Or indeed, the Royal Order of St Olav by King Harold V of Norway in 1998. And not as long-lasting as the new cornice on the Cathedral of St John the Divine in New York, which sports an angel with the face of Mandela. And probably not as valuable as the Freedom of Pick ‘n Pay awarded in 1999: does this mean he gets free groceries alongside his presidential pension?
If so, he may well down a few beers, which probably came with the Castle Lager Struggle Hero of the Century Award granted in 2000, as he tucks into his cornflakes.
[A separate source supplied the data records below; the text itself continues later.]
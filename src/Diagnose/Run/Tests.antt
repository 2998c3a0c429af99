-- ===== src/Diagnose/Run/Tests.antt =====
-- The theorems on the detectors and on a whole run, at small captures.
use cute_pcap_mcp.Base.{true, List, [], ◌∷◌, none, some, ◌≡◌, refl, ◌↔◌, All, arith, length}
use mathlib.Core.List.Permᴰ as P
use cute_pcap_mcp.Diagnose.Capture.{
  opening, confirmed, refusal, capture, group, silent_group, refused_from,
}
use cute_pcap_mcp.Base.Text.{eq_bytes, lt_bytes}
use cute_pcap_mcp.Base.Text.Decimal.{decimal}
use cute_pcap_mcp.Diagnose.{Packet, FlowGroup, Symptom}
use cute_pcap_mcp.Diagnose.Flows.{group_of, direction}
use cute_pcap_mcp.Diagnose.Resets.{detect_reset, handshake, no_handshake, reset_symptom, no_bytes}
use cute_pcap_mcp.Diagnose.Resets.Laws.{Shows, steps, is_found, handshake-Shows}
use cute_pcap_mcp.Diagnose.Resets.Silence.{HasLengths, IsSilentReset, detect_reset_iff}
use cute_pcap_mcp.Diagnose.Probes.{detect_probes}
use cute_pcap_mcp.Diagnose.Probes.Laws.{IsProbeSymptom, detect_probes-All}
use cute_pcap_mcp.Diagnose.Paths.{judge_path, unanswered}
use cute_pcap_mcp.Diagnose.Paths.Laws.{IsLabelled, Explains, judge_path-some}
use cute_pcap_mcp.Diagnose.Run.{diagnose, enabled_symptoms}
use cute_pcap_mcp.Diagnose.Run.Laws.{IsSound, diagnose-IsSound}

code : Unit {0}
unfolding diagnose enabled_symptoms group_of direction eq_bytes lt_bytes decimal detect_reset
    judge_path handshake detect_probes
code = tt

handshake-Shows_example :
    (is_found (handshake group.flow no_handshake group.packets).rst ≡ true)
    ↔ Shows (steps group.flow) group.packets
handshake-Shows_example = handshake-Shows group.flow group.packets

abbrev reset_found : Symptom
reset_found = reset_symptom silent_group opening confirmed refusal no_bytes

silent_lengths : HasLengths silent_group.packets
unfolding code
silent_lengths = record { natural = (refl, (refl, (refl, (refl, tt)))); fits = omega arith }

detect_reset_iff_example :
    (detect_reset silent_group ≡ some reset_found) ↔ IsSilentReset silent_group reset_found
detect_reset_iff_example = detect_reset_iff silent_group reset_found silent_lengths

is_reported : detect_reset silent_group ≡ some reset_found
unfolding code
is_reported = refl

-- Three refused connections.
abbrev probes : List FlowGroup
probes = refused_from 40001 0 ∷ refused_from 40002 10000 ∷ refused_from 40003 20000 ∷ []

detect_probes-All_example : All (IsProbeSymptom none probes) (detect_probes (λ m. m) probes none)
detect_probes-All_example = detect_probes-All (λ m. m) probes none (λ m. P.refl m)

one_probe_symptom : length (detect_probes (λ m. m) probes none) ≡ 1
unfolding code
one_probe_symptom = refl

abbrev unanswered_group : FlowGroup
unanswered_group = group_of (opening ∷ [])

path_found : judge_path none unanswered_group ≡ some (unanswered unanswered_group opening)
unfolding code
path_found = refl

judge_path-some_example :
    (syn : Packet) × IsLabelled none unanswered_group syn
    × Explains unanswered_group syn (unanswered unanswered_group opening)
judge_path-some_example =
    judge_path-some none unanswered_group (unanswered unanswered_group opening) path_found

diagnose-IsSound_example :
    All
      (IsSound (enabled_symptoms []) capture)
      (diagnose (λ m. m) capture (enabled_symptoms []) none).symptoms
diagnose-IsSound_example = diagnose-IsSound (λ m. m) capture (enabled_symptoms []) none

one_finding : length (diagnose (λ m. m) capture (enabled_symptoms []) none).findings ≡ 1
unfolding code
one_finding = refl
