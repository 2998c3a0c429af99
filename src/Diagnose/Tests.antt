-- ===== src/Diagnose/Tests.antt =====
-- A small capture, what the detectors say of it, and the theorems at it.
use cute_pcap_mcp.Base.{ℕ, List, [], ◌∷◌, none, some, ◌≡◌, refl, ◌↔◌, arith}
use cute_pcap_mcp.Base.Text.{Bytes, eq_bytes, lt_bytes}
use cute_pcap_mcp.Base.Text.Decimal.{decimal}
use cute_pcap_mcp.Diagnose.{FlowGroup}
use cute_pcap_mcp.Diagnose.Capture.{
  outgoing, opening, answer, confirmed, hello, refusal, capture, group,
}
use cute_pcap_mcp.Diagnose.Flows.{canonical_key, is_groupable, flow_groups, group_of, direction}
use cute_pcap_mcp.Diagnose.Flows.Keys.{SameEndpoints, IsPrintable, canonical_key_iff}
use cute_pcap_mcp.Diagnose.Flows.Groups.{IsGrouping, flow_groups-IsGrouping}
use cute_pcap_mcp.Diagnose.Tls.{detect_tls, tls_symptom}

code : Unit {0}
unfolding flow_groups group_of direction is_groupable detect_tls eq_bytes lt_bytes decimal
code = tt

group_is_sorted : group.packets ≡ opening ∷ answer ∷ confirmed ∷ hello ∷ refusal ∷ []
unfolding code
group_is_sorted = refl

one_group : flow_groups capture ≡ group ∷ []
unfolding code
one_group = refl

printable : (n : ℕ) (t : ℕ) → IsPrintable (outgoing n t)
printable n t = record {
  source_ip = omega arith;
  destination_ip = omega arith;
  source_port = (40000, refl);
  destination_port = (443, refl);
}

canonical_key_iff_example :
    (canonical_key confirmed ≡ canonical_key answer) ↔ SameEndpoints confirmed answer
unfolding code
canonical_key_iff_example = canonical_key_iff confirmed answer refl refl (printable 3 20) (record {
  source_ip = omega arith;
  destination_ip = omega arith;
  source_port = (443, refl);
  destination_port = (40000, refl);
})

flow_groups-IsGrouping_example : (ks : List Bytes) × IsGrouping capture (flow_groups capture) ks
flow_groups-IsGrouping_example = flow_groups-IsGrouping capture

tls_found : detect_tls group ≡ some (tls_symptom group hello)
unfolding code
tls_found = refl

abbrev plain_group : FlowGroup
plain_group = group_of (opening ∷ answer ∷ [])

no_tls : detect_tls plain_group ≡ none
unfolding code
no_tls = refl
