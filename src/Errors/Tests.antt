-- ===== src/Errors/Tests.antt =====
-- The classification of one error.
use cute_pcap_mcp.Base.Text.{codes}
use cute_pcap_mcp.Errors.{classify, wrapped, err_size_mismatch}
use cute_pcap_mcp.Errors.Laws.{IsFaithful, classify-wrapped}

classify-wrapped_example :
    IsFaithful err_size_mismatch
      (codes "7 bytes")
      (classify (wrapped err_size_mismatch (codes "7 bytes")))
classify-wrapped_example = classify-wrapped err_size_mismatch (codes "7 bytes")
He clearly likes a quiet drink, as he also got the South African Breweries Gold Medal later that year.
Of course, Mandela is well known for his technicolour shirts. They probably take up half his wardrobe. At least he can wear them. Not so the doctoral gowns, which must surely take up the other half. Well, he might wear them now and again, just for a change, but he must look a bit funny if he wears them when he is pottering around Pick ‘n Pay.
If he does, he is thoroughly spoilt for choice. The National University of Lesotho was among the first to award him an honorary doctorate in 1979. On the whole, universities only started jumping on the wagon after that, once the anti-apartheid mass protests began to pick up pace.
City College of New York was one of the first in 1983, followed closely by Britain’s Lancaster University the same year and the Free University of Brussells in 1984. After that, he was honoured by universities in Brazil, Nigeria, Zimbabwe, the United States, Cuba, the German Democratic Republic, Venzuela, Italy and Canada during that decade.
After 1994 the floodgates opened with at least another 30 honorary doctorates awarded by universities in Egypt, Canada, Malaysia, the US, Senegal, Taiwan, Belgium, the United Kingdom (nine presented at the same time at Buckingham Palace!), France, Germany, Phillipines, Thailand, Israel, Australia, Holland, Botswana, Tanzania and Ireland. He was also the first person since the Iranian revolution of 1979 to be awarded an honorary doctorate from the Iranian University. We don’t know what he said as he picked it up, but he certainly lectured the Chinese on human rights when he picked up a degree from Beijing University in 1992.
To their shame, local universities cottoned on rather late. Not surprisingly, students were ahead of the authorities, with Natal Students Representative Council nominating Mandela for the university’s chancellorship in 1983. After that, Madiba had to wait until he was a mite more respectable, with the University of the Western Cape being the first to offer him a doctorate, doing so in 1990, followed closely by the University of Cape Town. He then had to wait until 1994 (Unisa) before doctorates were offered thick and fast. A total of 18 South African universities and technikons have honoured him this way, alongside naming a variety of buildings, professorships and studentships after him.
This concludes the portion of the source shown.